■ **EXERCISE**
"hide" is the word to look for; copy each line of the listing where it occurs.

-*-

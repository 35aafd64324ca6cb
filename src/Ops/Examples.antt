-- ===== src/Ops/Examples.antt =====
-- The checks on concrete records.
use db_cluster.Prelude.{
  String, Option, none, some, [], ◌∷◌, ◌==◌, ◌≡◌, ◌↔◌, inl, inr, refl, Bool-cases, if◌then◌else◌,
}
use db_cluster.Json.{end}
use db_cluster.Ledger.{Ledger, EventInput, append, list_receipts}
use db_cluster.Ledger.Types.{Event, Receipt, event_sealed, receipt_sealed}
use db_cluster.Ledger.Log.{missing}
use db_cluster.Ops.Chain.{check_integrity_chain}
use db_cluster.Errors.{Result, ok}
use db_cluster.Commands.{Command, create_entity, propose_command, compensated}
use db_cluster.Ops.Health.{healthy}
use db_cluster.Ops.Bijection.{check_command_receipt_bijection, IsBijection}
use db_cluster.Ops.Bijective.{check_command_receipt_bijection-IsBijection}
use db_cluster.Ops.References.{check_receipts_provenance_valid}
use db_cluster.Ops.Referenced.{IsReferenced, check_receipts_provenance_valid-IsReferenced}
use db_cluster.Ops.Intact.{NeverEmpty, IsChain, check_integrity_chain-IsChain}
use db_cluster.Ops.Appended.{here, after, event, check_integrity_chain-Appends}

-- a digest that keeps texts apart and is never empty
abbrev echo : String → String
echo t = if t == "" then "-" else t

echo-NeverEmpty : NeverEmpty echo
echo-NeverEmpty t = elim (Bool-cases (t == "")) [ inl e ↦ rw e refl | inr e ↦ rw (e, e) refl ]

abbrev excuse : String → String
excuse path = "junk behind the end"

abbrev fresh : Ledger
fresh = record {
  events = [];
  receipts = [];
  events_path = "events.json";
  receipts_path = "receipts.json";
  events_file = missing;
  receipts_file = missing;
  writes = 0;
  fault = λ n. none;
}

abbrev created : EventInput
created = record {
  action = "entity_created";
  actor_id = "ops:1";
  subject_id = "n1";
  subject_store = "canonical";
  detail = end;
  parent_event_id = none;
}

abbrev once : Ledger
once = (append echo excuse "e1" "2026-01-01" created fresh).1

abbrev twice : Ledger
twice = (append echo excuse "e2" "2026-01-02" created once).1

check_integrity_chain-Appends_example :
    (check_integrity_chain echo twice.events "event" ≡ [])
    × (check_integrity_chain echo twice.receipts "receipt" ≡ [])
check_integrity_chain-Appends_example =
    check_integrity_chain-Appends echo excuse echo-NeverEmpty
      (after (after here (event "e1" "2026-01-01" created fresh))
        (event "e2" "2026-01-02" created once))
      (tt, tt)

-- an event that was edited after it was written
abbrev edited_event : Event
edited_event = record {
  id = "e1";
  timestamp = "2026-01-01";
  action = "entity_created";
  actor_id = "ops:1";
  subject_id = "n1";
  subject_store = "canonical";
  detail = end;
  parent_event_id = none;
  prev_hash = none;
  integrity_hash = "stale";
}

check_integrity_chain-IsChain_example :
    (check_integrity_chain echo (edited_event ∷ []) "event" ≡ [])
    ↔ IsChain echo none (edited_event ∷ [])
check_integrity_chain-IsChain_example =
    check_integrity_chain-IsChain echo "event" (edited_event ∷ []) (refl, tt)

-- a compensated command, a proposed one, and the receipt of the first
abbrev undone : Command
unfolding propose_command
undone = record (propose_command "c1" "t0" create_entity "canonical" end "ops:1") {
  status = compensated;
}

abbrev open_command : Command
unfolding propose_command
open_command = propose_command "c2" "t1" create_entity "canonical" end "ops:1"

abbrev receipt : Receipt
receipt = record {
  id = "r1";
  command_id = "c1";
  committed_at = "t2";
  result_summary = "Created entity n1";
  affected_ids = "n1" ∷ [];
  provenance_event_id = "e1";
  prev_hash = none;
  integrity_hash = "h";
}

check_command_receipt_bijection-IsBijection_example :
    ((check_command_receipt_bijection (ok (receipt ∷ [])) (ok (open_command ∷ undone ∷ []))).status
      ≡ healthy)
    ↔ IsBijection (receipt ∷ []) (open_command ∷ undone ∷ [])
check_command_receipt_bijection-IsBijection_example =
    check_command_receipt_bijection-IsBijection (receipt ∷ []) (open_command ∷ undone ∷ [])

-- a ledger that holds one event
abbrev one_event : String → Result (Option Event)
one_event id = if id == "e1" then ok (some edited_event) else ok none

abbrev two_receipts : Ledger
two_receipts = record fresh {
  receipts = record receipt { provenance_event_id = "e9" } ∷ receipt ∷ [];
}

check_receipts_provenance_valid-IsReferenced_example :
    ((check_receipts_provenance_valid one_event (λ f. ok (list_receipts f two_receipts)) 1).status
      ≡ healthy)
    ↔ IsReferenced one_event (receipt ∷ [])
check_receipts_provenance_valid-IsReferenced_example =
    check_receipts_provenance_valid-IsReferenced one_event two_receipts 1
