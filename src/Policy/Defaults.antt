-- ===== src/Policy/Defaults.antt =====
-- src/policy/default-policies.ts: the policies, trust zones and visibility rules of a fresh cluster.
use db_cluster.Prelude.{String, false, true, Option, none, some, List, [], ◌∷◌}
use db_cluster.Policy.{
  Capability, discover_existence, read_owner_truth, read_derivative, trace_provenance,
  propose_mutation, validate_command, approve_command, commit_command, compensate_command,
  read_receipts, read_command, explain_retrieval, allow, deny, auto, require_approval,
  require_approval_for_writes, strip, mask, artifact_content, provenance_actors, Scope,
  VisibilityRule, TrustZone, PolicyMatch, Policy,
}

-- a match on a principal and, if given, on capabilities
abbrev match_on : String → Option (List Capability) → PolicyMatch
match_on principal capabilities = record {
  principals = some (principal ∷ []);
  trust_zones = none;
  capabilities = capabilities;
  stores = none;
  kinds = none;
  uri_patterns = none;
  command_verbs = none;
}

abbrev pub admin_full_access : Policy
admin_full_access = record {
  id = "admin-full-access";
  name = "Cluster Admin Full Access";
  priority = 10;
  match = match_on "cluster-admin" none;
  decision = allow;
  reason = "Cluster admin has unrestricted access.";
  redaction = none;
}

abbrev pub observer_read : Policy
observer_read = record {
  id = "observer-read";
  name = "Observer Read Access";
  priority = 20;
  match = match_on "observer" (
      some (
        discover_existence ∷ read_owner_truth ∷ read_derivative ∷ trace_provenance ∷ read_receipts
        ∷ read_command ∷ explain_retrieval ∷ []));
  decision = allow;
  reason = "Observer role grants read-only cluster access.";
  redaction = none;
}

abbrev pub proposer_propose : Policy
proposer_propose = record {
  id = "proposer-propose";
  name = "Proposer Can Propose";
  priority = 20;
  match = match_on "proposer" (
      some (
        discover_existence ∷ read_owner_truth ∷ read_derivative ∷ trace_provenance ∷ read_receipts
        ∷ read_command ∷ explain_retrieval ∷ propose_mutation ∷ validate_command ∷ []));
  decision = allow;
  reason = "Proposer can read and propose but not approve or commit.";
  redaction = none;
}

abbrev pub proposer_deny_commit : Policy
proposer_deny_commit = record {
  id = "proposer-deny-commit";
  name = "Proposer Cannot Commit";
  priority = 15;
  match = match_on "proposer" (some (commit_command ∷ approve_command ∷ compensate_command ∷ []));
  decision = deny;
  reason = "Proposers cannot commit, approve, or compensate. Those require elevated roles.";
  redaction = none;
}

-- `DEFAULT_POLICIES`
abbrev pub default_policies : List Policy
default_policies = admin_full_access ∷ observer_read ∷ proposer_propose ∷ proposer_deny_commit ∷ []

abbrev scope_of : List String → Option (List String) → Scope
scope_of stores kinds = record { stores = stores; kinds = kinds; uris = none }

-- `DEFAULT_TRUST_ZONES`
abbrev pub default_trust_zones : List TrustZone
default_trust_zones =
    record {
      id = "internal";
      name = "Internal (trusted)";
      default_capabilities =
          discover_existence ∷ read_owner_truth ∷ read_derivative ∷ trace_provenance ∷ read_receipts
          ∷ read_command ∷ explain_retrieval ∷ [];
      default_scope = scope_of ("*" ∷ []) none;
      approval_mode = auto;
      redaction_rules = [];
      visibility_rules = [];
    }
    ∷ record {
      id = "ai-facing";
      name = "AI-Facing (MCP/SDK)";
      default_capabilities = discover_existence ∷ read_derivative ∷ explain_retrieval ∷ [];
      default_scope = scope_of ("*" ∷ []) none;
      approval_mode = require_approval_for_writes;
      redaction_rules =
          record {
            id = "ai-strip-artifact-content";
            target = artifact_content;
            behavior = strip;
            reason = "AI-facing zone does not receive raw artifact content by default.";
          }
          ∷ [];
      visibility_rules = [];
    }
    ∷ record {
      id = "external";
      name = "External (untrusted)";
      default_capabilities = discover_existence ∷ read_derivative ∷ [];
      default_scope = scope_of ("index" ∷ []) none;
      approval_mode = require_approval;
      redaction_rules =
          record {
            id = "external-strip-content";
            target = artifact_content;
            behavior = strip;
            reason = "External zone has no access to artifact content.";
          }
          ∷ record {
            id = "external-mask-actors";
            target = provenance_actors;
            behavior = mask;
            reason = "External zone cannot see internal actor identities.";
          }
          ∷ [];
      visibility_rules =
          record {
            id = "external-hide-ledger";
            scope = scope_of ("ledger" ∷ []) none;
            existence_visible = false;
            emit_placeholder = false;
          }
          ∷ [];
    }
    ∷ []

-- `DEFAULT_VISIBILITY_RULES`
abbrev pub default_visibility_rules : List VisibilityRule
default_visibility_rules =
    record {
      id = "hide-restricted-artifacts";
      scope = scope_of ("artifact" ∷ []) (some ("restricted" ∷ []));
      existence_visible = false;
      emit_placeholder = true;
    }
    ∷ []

-*-

■ **FINAL ANSWER**
            id = "external-hide-ledger";
      id = "hide-restricted-artifacts";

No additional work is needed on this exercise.